# Activity:
Look below for the line that has "pub mod Bits". Set down the lines from there through the line that has "pub mod SmpTests", exactly as written.

Dataset entries
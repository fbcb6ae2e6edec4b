-- ===== src/Tests.antt =====
-- The theorems at concrete inputs, over a concrete model of the crates.
pub mod Bits
pub mod Machine
pub mod FrameTests
pub mod AllocatorTests
pub mod Entries
pub mod ReleaseTests
pub mod PagingTests
pub mod SetupTests
pub mod VmmTests
pub mod PageFaultTests
pub mod InterruptTests
pub mod RegionTests
pub mod SmpTests
pub mod BootTests
pub mod CoresTests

# Response:
pub mod Bits
pub mod Machine
pub mod FrameTests
pub mod AllocatorTests
pub mod Entries
pub mod ReleaseTests
pub mod PagingTests
pub mod SetupTests
pub mod VmmTests
pub mod PageFaultTests
pub mod InterruptTests
pub mod RegionTests
pub mod SmpTests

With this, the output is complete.